但读过《金瓶梅》后,我一方面得知《红楼梦》在艺术技法上深受它的影响,另一方面,却又深刻地意识到,这两部巨著有着重大的区别。那区别在于,《红楼梦》的创作者在叙述文本中充满了焦虑,贯穿着努力从“生活原态”里升华出哲思的“形而上”痛苦,整部书笼罩着浓郁的悲剧情怀和浪漫色彩。《金瓶梅》的文本却全然异趣。它固然也用了一些诸如“因果报应”、“恶有恶报”之类的“思想”包装,但究其实,它却基本上没有什么“形而上”的追求,因此,体现于叙述风格,便是非常之平静,没有焦虑和沉重,没有痛苦和浪漫,要论“现实主义”,它不仅远比《三国演义》《水浒传》“够格”,也比《红楼梦》更“严格”。
《金瓶梅》中的性描写算不得独创
《金瓶梅》产生的时代(最早的刻本出现在明万历年间),因为皇帝公开征求春药,达官贵人更荒淫无耻,“房中术”成为最大的时髦,一时淫风甚炽,影响到民间社会,直达底层,不仅性行为相当地“解放”,戏曲演唱乃至茶肆说书,包括野史小说,直到市俗俚语,在表现性行为上也相当地“没遮拦”,《金瓶梅》在这方面的“成就”,放在那样的大背景中,算不得具有独创性。

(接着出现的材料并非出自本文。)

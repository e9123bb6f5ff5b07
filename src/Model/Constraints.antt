-- ===== src/Model/Constraints.antt =====
-- HashConstraints of datamodel/BaseModel.ts and HashSpecificFields of datamodel/PackSchema.ts, which
-- bind a certificate to what it signs. `blake2b` is a library function: a parameter, over the
-- concatenation of the updates. A packed model is seen through `FieldIterator(packed).get(index)?.value`.
pub mod Locked
pub mod Covers
use Prim.Native.Nat.{bit_and}
use openodin.Prelude.{
  ℕ, zero, suc, ◌+◌, ◌/◌, ◌%◌, ◌^◌, Bool, true, false, not, Option, none, some, List, [], ◌∷◌, ◌++◌,
  String, ◌==◌, if◌then◌else◌, ltb,
}
use openodin.Prelude.Buffer.{Buffer}
use openodin.Model.Bits.{is_bit_set}

abbrev pub Packed : Type 0
Packed = ℕ → Option Buffer

-- `Buffer.alloc(32).fill(0)`
zeros : ℕ → Buffer
zeros zero = []
zeros (suc n) = 0 ∷ zeros n

abbrev value_bytes : Option Buffer → Buffer
value_bytes none = []
value_bytes (some b) = b

-- The bytes of "flagHashing".
abbrev flag_hashing : Buffer
flag_hashing = 102 ∷ 108 ∷ 97 ∷ 103 ∷ 72 ∷ 97 ∷ 115 ∷ 104 ∷ 105 ∷ 110 ∷ 103 ∷ []

-- The text of a key: the decimal digits of a bit number, of which there are at most two.
abbrev pub key_bytes : ℕ → Buffer
key_bytes bit = if ltb bit 10 then (48 + bit) ∷ [] else (48 + bit / 10) ∷ (48 + bit % 10) ∷ []

-- An entry of ConstraintsFlagsMapping: the key, and the config number with the bit in it.
pub record FlagMapping : Type 0 where
  pub bit : ℕ
  pub config_type : String
  pub config_index : ℕ

-- `(lockedConfig & 2**bit) !== 0`: the operands of `&` are taken to 32 bits.
unfoldable pub is_flag_locked : ℕ → ℕ → Bool
is_flag_locked locked_config bit = not (bit_and (2 ^ bit % 2 ^ 32) (locked_config % 2 ^ 32) == 0)

-- The field indexes of the locked fields, by ascending key.
unfoldable pub locked_fields : ℕ → List (ℕ × ℕ) → List ℕ
locked_fields locked_config [] = []
locked_fields locked_config ((bit, index) ∷ mapping) =
    let rest = locked_fields locked_config mapping in
    if is_bit_set locked_config bit then index ∷ rest else rest

-- The updates for one flag.
flag_update : Bool → ℕ → Bool → Buffer
flag_update false bit flag = []
flag_update true bit flag = flag_hashing ++ (key_bytes bit ++ ((if flag then 1 else 0) ∷ []))

-- What the loop over the flags feeds to the hash; `configs` gives 0 for a missing config.
unfoldable pub flag_updates : ℕ → (String → ℕ) → List FlagMapping → Buffer
unfolding flag_update
flag_updates locked_config configs [] = []
flag_updates locked_config configs (m ∷ mapping) =
    flag_update (is_flag_locked locked_config m.bit) m.bit
      (is_bit_set (configs m.config_type) m.config_index)
    ++ flag_updates locked_config configs mapping

module _ (blake2b : Buffer → Buffer) where
  hash_fields_from : Packed → Buffer → List ℕ → Buffer
  hash_fields_from packed digest [] = digest
  hash_fields_from packed digest (index ∷ fields) =
      hash_fields_from packed (blake2b (digest ++ value_bytes (packed index))) fields

  unfoldable pub hash_specific_fields : Packed → List ℕ → Buffer
  unfolding hash_fields_from zeros
  hash_specific_fields packed fields = hash_fields_from packed (zeros 32) fields

  unfoldable pub hash_constraints :
      ℕ → Packed → List (ℕ × ℕ) → List FlagMapping → (String → ℕ) → Buffer
  hash_constraints locked_config packed fields_mapping flags_mapping configs = blake2b (
      hash_specific_fields packed (locked_fields locked_config fields_mapping)
      ++ flag_updates locked_config configs flags_mapping)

不过,把《金瓶梅》里的性描写全看作著书人招揽观者的“噱头”,那又不对了。在关于西门庆“性史”的生动而细腻的描写中,《金瓶梅》由此辐射出了关于那个时代的丰富而具体的人际存在与相互倾轧,并且常常有超出历史学、社会学、伦理学、心理学、性学意义的人性开掘,显示出此书作为长篇小说的独特的美学价值。或许这个价值不是作者有意识向我们提供的,但却是客观存在,历久弥彰的。
《金瓶梅》文本令人惊异
回过头来,我还是要强调《金瓶梅》那令人惊异的文本,为什么在那个理想暗淡、政治腐败、特务横行、法制虚设、拜金如狂、人欲横流、道德沦丧、人际疏离、炎凉成俗、背叛成风、雅萎俗胀、寡廉鲜耻、万物标价、无不可售的人文环境里,此书的作者不是采取拍案而起、义愤填膺、“替天行道”、“复归正宗”等叙述调式,更不是以理想主义、浪漫情怀、升华哲思、魔幻寓言的叙述方略,而是用一种几乎是彻底冷静的“无是无非”的纯粹作“壁上观”的松弛而随意的笔触,来娓娓地展现一幕幕的人间黑暗和世态奇观?

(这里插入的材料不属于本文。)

-- ===== src/Cert/Props.antt =====
-- SignCertProps of datamodel/level3/signcert/types.ts with what it inherits from BaseSignCertProps and
-- BaseCertProps. The `signCert` that a certificate may hold is not a field here: a certificate stands
-- with the list of those that issued it, its own `signCert` first, that one's `signCert` next.
use openodin.Prelude.{ℕ, Bool, true, false, Option, none, some, List, [], ◌∷◌, String}
use openodin.Prelude.Int.{ℤ}
use openodin.Prelude.Buffer.{Buffer, equals}
use openodin.Prelude.Verdict.{Verdict, accepted, thrown}
use openodin.Model.Props.{BaseModelProps}
use openodin.Model.Constraints.{Packed, FlagMapping}

abbrev pub base_sign_cert_type : Buffer
base_sign_cert_type = 2 ∷ 1 ∷ []

abbrev pub sign_cert_type : Buffer
sign_cert_type = 2 ∷ 1 ∷ 1 ∷ []

pub record SignCertProps : Type 0 where
  pub model : BaseModelProps
  pub open model use *
  pub constraints : Option Buffer
  pub target_max_expire_time : Option ℤ
  pub target_type : Option Buffer
  pub base_sign_cert_config : Option ℕ
  pub countdown : Option ℕ
  pub locked_config : Option ℕ
  pub target_public_keys : Option (List Buffer)
  pub multisig_threshold : Option ℕ

-- A SignCert object: `packed` is set if it was made from a buffer, and unset if its props were set.
pub record SignCert : Type 0 where
  pub props : SignCertProps
  pub packed : Option Packed

-- `modelType.slice(0, 2).equals([2, 1])`
has_base_prefix : Buffer → Bool
has_base_prefix (a ∷ b ∷ rest) = equals (a ∷ b ∷ []) base_sign_cert_type
has_base_prefix _ = false

-- The check of the static field when a packed certificate is unpacked.
check_static : String → (Buffer → Bool) → Option Packed → Option Buffer → Verdict
check_static error fits none model_type = accepted
check_static error fits (some packed) none = accepted
check_static error fits (some packed) (some b) = elim (fits b) [
  | true ↦ accepted
  | false ↦ thrown error
]

-- `setProps` sets a missing model type in the props that it is given.
default_type : Buffer → Option Packed → Option Buffer → Option Buffer
default_type type none none = some type
default_type type _ model_type = model_type

with_type : Option Buffer → SignCertProps → SignCertProps
with_type type props = record props { model = record (props.model) { model_type = type } }

-- `loadSignCert` of BaseSignCert, which makes a level 2 certificate.
unfoldable pub base_loads : SignCert → Verdict
unfolding check_static has_base_prefix
base_loads c =
    check_static "static value must be prefix to packed value" has_base_prefix c.packed
      c.props.model_type

unfoldable pub load_base : SignCert → SignCertProps
unfolding with_type default_type
load_base c = with_type (default_type base_sign_cert_type c.packed c.props.model_type) c.props

-- The same at level 3, in `SignCert.validate` and in `BaseNode.loadSignCert`.
unfoldable pub loads : SignCert → Verdict
unfolding check_static
loads c =
    check_static "static value must exactly match packed value" (λ b. equals b sign_cert_type)
      c.packed c.props.model_type

unfoldable pub load : SignCert → SignCert
unfolding with_type default_type
load c = record {
  props = with_type (default_type sign_cert_type c.packed c.props.model_type) c.props;
  packed = c.packed;
}

-- SignCertLockedConfigFieldsMapping: the key of a locked field and its index.
abbrev pub fields_mapping : List (ℕ × ℕ)
fields_mapping = (0, 50) ∷ (1, 7) ∷ (2, 6) ∷ (3, 48) ∷ (4, 65) ∷ (5, 32) ∷ []

-- SignCertLockedConfigFlagsMapping.
abbrev pub flags_mapping : List FlagMapping
flags_mapping = record { bit = 6; config_type = "basesigncert"; config_index = 0 } ∷ []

此书的作者究竟是谁?学术界众说纷纭而尚难归一,或许此书的成书过程中确有多人多手参与,从其“拟话本”的风格上看,可能也是当时茶肆酒楼说书人的一个时髦的“保留节目”,众多的参与创作者可能都在其故事里加进了一些“训诫”,但那些牵强附会的生硬“训诫”完全不能融合于故事与人物,只是一些“套话”,乃至于显得“累赘”多余。

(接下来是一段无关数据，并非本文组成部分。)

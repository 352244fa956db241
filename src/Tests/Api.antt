-- ===== src/Tests/Api.antt =====
-- The theorems on the program interface and the driver at a concrete machine.
use mega_net.Base.{
  Mem, offset, copy_from, copy, u16, ◌+◌, ◌≡◌, refl, inl, inr, some, [], ◌∷◌, arith,
}
use mega_net.Api.Clients.{rtc_base, api_set_rtc}
use mega_net.Api.Clock.{Shows, set_rtc-Shows}
use mega_net.Api.Frames.{Hands, api_link_rx-Hands}
use mega_net.Api.Link.{api_link_rx}
use mega_net.Api.Sockets.{api_tcp_recv}
use mega_net.Api.Start.{zero_dhcp, zero_dns, zero_ntp}
use mega_net.Api.State.{Machine, arg_ptr, blk_ptr, get16_le, fetch_blk}
use mega_net.Api.Streams.{Fills, api_tcp_recv-Fills}
use mega_net.Api.Table.{entry_init, entry_tcp_listen, World, call}
use mega_net.Api.Ticks.{total, ticks_over, ticks-ticks_over}
use mega_net.Caller.Sending.{Sent}
use mega_net.Hal.Eth.{Eth}
use mega_net.Tests.Data.{bytes, zeros, our_mac, machine, talking, talking-IsValid, talking-HasRings}
use mega_net.Xmem.{dma_copy_in}

-- The caller's memory: a block that says two bytes at $20.
abbrev outside : Mem
outside = bytes (32 ∷ 0 ∷ 0 ∷ 2 ∷ 0 ∷ [])

-- 24 December 2026, 20:30:59, a Thursday.
abbrev time_block : Mem
time_block = bytes (234 ∷ 7 ∷ 12 ∷ 24 ∷ 20 ∷ 30 ∷ 59 ∷ 4 ∷ [])

abbrev calling : Machine
calling = record {
  sys = record machine { pool = outside };
  dhcp = zero_dhcp;
  dns = zero_dns;
  ntp = zero_ntp;
  tcpset = record { sock = λ _. talking; n = 1; rst_sent = 0; now = 0 };
  pool_kind = 2;
  pool_base = 0x50000;
  window_irqs = 0;
  name = zeros;
  ticks = 9;
  last_frame = 0;
  blk = zeros;
  window = zeros;
  a = 0;
  x = 0;
  y = 0;
  z = 0;
  ra = 0;
  rx = 0;
  ry = 0;
  rz = 0;
}

abbrev world : World
world = record { nif = machine.nif; irqs = 0x4100; frames = 200 }

abbrev started : Machine
started = call entry_init world 0 0 0 0 calling

abbrev listened : Machine
listened = call entry_tcp_listen world 80 0 0 0 started

-- A frame of 68 bytes with its check sequence waits, and the transmitter is idle.
abbrev shown_bytes : Mem
shown_bytes = bytes (68 ∷ 0 ∷ 255 ∷ 255 ∷ [])

abbrev driver : Eth
driver = record {
  bus = record { read = λ n a. 0xA0; shown = λ k. shown_bytes; reads = 0; trace = [] };
  pad = zeros;
  meta = zeros;
  dbg = zeros;
}

api_tcp_recv-Fills_example : Fills calling 1 (api_tcp_recv calling)
unfolding fetch_blk blk_ptr arg_ptr get16_le dma_copy_in copy copy_from
api_tcp_recv-Fills_example =
    api_tcp_recv-Fills calling 1 talking-IsValid talking-HasRings (omega arith) (omega arith)
      (inl (omega arith)) (inr (omega arith)) (omega arith)

set_rtc-Shows_example :
    Shows
      (offset
        (api_set_rtc (record calling { sys = record machine { pool = time_block } })).sys.pool
        rtc_base)
      (offset
        (record calling { sys = record machine { pool = time_block } }).sys.pool
        (arg_ptr (record calling { sys = record machine { pool = time_block } })))
unfolding arg_ptr
set_rtc-Shows_example =
    set_rtc-Shows (record calling { sys = record machine { pool = time_block } })
      (record {
        year = (omega arith, omega arith);
        month = omega arith;
        day = omega arith;
        hour = omega arith;
        minute = omega arith;
        second = omega arith;
        weekday = omega arith;
      })

ticks-ticks_over_example :
    (ticks_over 250 (20 ∷ 200 ∷ []) (record calling { last_frame = 250 })).ticks
    ≡ u16 ((record calling { last_frame = 250 }).ticks + total (20 ∷ 200 ∷ []))
ticks-ticks_over_example =
    ticks-ticks_over 250 (20 ∷ 200 ∷ []) (record calling { last_frame = 250 }) (omega arith)
      (omega arith) (omega arith)

api_link_rx-Hands_example :
    Hands
      (record calling {
        sys = record (calling.sys) {
          nif = record (machine.nif) { rx = λ n cap. some (record { bytes = our_mac; len = 6 }) };
        };
      })
      (record { bytes = our_mac; len = 6 })
      4
      (api_link_rx (record calling {
        sys = record (calling.sys) {
          nif = record (machine.nif) { rx = λ n cap. some (record { bytes = our_mac; len = 6 }) };
        };
      }))
unfolding fetch_blk blk_ptr arg_ptr get16_le dma_copy_in copy copy_from
api_link_rx-Hands_example =
    api_link_rx-Hands
      (record calling {
        sys = record (calling.sys) {
          nif = record (machine.nif) { rx = λ n cap. some (record { bytes = our_mac; len = 6 }) };
        };
      })
      (record { bytes = our_mac; len = 6 }) 4 refl (inr (omega arith)) (omega arith)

为什么经过“兰陵笑笑生”归总刻印,仍不见“起色”?这究竟是因为所有参与创作者都缺乏“思想高度”,还是因为,就小说创作的内在规律而言,像《红楼梦》那样地充满叙述焦虑,洋溢着理想光芒与浪漫情怀固然是一种很好的叙述方式,而《金瓶梅》式的“冷叙述”,并且是达到七穿八达、玲珑剔透、生猛鲜活、浓滋厚味的“纯客观叙述”,也是一种在美学上可能具有相当价值的叙述方略呢?